Problem to work on >> Please quote exactly the opening lines of the data, from the first line to the one where "ap (λ (l : Bytes). take" appears.

** Opening Records supplied block **

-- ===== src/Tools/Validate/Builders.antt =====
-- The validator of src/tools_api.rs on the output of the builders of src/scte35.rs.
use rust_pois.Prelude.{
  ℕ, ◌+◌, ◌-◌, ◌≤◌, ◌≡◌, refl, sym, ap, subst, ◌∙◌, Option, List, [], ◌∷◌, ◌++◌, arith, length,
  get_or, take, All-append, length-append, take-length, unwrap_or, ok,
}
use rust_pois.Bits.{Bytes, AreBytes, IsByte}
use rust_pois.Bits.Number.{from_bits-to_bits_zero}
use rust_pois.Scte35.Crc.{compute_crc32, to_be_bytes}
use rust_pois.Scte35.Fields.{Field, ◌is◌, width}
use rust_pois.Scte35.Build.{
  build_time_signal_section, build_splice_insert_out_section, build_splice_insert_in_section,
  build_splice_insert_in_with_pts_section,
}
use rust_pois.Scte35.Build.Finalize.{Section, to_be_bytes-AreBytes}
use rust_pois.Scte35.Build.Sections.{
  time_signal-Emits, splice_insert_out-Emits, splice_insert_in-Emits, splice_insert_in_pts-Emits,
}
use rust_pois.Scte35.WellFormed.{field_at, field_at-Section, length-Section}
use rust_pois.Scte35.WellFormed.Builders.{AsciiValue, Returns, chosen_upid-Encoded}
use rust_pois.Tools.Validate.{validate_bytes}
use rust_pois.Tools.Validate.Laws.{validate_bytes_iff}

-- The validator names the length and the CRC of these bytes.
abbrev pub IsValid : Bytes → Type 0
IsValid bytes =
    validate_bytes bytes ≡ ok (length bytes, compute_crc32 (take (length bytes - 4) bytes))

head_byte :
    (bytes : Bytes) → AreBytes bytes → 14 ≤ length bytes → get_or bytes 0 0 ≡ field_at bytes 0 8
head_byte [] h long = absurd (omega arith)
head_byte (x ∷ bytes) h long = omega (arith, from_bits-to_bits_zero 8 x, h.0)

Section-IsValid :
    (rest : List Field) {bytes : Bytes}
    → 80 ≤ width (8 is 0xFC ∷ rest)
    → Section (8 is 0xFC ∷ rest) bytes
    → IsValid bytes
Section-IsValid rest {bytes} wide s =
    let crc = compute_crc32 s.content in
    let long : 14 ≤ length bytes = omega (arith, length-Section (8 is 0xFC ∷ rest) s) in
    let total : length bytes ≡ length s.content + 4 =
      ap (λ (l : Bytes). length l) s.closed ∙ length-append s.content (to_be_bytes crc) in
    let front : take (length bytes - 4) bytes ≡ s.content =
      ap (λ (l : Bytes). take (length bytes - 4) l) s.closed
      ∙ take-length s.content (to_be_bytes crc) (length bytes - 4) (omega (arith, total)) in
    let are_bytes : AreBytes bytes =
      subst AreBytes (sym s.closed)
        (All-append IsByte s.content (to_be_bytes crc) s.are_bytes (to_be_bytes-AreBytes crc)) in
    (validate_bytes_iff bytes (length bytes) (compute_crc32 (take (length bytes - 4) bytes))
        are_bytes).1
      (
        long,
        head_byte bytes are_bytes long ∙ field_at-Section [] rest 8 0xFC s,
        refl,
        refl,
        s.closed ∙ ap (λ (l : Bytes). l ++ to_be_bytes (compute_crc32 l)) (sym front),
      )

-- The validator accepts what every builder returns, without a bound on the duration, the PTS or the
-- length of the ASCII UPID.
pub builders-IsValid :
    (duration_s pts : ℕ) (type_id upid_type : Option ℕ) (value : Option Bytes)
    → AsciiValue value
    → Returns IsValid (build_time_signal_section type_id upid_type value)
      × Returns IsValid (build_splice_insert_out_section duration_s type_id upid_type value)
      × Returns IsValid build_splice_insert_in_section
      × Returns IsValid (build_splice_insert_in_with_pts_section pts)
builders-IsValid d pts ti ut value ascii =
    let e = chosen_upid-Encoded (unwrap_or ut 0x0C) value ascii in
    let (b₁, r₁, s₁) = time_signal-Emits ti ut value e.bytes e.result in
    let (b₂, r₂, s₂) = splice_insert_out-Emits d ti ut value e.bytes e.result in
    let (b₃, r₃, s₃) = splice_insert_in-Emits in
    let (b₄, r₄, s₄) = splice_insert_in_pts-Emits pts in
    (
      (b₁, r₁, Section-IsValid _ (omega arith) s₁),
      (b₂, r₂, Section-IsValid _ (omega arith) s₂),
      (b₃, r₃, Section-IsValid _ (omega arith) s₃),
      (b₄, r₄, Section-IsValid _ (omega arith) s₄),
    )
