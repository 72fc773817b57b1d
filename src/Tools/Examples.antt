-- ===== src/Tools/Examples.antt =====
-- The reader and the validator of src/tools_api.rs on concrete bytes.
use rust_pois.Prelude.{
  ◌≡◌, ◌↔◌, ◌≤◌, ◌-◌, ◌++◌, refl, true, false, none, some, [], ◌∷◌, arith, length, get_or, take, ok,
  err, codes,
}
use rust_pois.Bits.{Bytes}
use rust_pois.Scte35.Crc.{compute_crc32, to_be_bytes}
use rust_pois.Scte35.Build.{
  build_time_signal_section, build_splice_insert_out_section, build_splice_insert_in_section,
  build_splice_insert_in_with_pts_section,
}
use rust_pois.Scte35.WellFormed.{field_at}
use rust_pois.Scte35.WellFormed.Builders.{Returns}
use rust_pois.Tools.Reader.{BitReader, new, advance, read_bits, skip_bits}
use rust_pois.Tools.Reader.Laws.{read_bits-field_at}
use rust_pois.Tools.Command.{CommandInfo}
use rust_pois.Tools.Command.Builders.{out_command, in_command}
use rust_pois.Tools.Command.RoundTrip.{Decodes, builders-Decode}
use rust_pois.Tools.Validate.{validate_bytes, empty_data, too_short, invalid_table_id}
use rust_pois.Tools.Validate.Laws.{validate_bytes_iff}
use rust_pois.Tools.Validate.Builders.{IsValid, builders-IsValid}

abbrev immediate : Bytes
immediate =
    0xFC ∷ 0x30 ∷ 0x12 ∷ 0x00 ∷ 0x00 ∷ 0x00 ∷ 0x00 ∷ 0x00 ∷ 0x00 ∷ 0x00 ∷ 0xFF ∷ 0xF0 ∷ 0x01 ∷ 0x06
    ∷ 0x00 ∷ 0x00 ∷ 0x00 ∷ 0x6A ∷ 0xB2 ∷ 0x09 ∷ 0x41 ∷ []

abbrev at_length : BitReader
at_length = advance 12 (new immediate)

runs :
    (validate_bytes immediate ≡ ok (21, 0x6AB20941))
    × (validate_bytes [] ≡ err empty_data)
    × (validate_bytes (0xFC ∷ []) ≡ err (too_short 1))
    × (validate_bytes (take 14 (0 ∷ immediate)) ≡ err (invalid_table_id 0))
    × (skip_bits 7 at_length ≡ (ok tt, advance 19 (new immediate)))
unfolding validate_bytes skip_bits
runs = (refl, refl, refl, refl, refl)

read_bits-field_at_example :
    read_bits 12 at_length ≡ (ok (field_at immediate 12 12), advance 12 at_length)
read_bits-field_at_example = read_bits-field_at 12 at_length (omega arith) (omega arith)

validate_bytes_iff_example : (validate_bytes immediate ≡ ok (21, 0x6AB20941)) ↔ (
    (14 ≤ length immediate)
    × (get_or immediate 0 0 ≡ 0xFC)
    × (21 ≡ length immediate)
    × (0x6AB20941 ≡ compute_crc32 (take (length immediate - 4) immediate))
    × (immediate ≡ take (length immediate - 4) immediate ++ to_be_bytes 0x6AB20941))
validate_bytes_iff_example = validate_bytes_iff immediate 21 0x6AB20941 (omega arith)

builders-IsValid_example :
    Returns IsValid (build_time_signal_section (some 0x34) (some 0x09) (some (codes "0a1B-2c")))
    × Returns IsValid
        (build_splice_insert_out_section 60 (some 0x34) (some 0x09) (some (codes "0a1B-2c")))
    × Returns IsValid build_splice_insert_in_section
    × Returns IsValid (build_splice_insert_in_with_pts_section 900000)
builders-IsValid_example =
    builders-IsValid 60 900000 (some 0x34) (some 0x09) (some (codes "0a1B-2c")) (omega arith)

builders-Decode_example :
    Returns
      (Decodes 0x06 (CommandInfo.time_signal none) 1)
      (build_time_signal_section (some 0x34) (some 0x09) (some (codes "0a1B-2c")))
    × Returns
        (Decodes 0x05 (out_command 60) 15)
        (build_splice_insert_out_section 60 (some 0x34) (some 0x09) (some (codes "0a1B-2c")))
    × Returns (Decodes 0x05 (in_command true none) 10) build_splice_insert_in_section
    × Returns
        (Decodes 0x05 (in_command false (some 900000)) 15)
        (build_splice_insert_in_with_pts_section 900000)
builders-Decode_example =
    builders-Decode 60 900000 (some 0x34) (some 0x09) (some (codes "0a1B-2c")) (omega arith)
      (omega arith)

** Closing Records supplied block **

Task result >>
-- ===== src/Tools/Validate/Builders.antt =====
-- The validator of src/tools_api.rs on the output of the builders of src/scte35.rs.
use rust_pois.Prelude.{
  ℕ, ◌+◌, ◌-◌, ◌≤◌, ◌≡◌, refl, sym, ap, subst, ◌∙◌, Option, List, [], ◌∷◌, ◌++◌, arith, length,
  get_or, take, All-append, length-append, take-length, unwrap_or, ok,
}
use rust_pois.Bits.{Bytes, AreBytes, IsByte}
use rust_pois.Bits.Number.{from_bits-to_bits_zero}
use rust_pois.Scte35.Crc.{compute_crc32, to_be_bytes}
use rust_pois.Scte35.Fields.{Field, ◌is◌, width}
use rust_pois.Scte35.Build.{
  build_time_signal_section, build_splice_insert_out_section, build_splice_insert_in_section,
  build_splice_insert_in_with_pts_section,
}
use rust_pois.Scte35.Build.Finalize.{Section, to_be_bytes-AreBytes}
use rust_pois.Scte35.Build.Sections.{
  time_signal-Emits, splice_insert_out-Emits, splice_insert_in-Emits, splice_insert_in_pts-Emits,
}
use rust_pois.Scte35.WellFormed.{field_at, field_at-Section, length-Section}
use rust_pois.Scte35.WellFormed.Builders.{AsciiValue, Returns, chosen_upid-Encoded}
use rust_pois.Tools.Validate.{validate_bytes}
use rust_pois.Tools.Validate.Laws.{validate_bytes_iff}

-- The validator names the length and the CRC of these bytes.
abbrev pub IsValid : Bytes → Type 0
IsValid bytes =
    validate_bytes bytes ≡ ok (length bytes, compute_crc32 (take (length bytes - 4) bytes))

head_byte :
    (bytes : Bytes) → AreBytes bytes → 14 ≤ length bytes → get_or bytes 0 0 ≡ field_at bytes 0 8
head_byte [] h long = absurd (omega arith)
head_byte (x ∷ bytes) h long = omega (arith, from_bits-to_bits_zero 8 x, h.0)

Section-IsValid :
    (rest : List Field) {bytes : Bytes}
    → 80 ≤ width (8 is 0xFC ∷ rest)
    → Section (8 is 0xFC ∷ rest) bytes
    → IsValid bytes
Section-IsValid rest {bytes} wide s =
    let crc = compute_crc32 s.content in
    let long : 14 ≤ length bytes = omega (arith, length-Section (8 is 0xFC ∷ rest) s) in
    let total : length bytes ≡ length s.content + 4 =
      ap (λ (l : Bytes). length l) s.closed ∙ length-append s.content (to_be_bytes crc) in
    let front : take (length bytes - 4) bytes ≡ s.content =
      ap (λ (l : Bytes). take (length bytes - 4) l) s.closed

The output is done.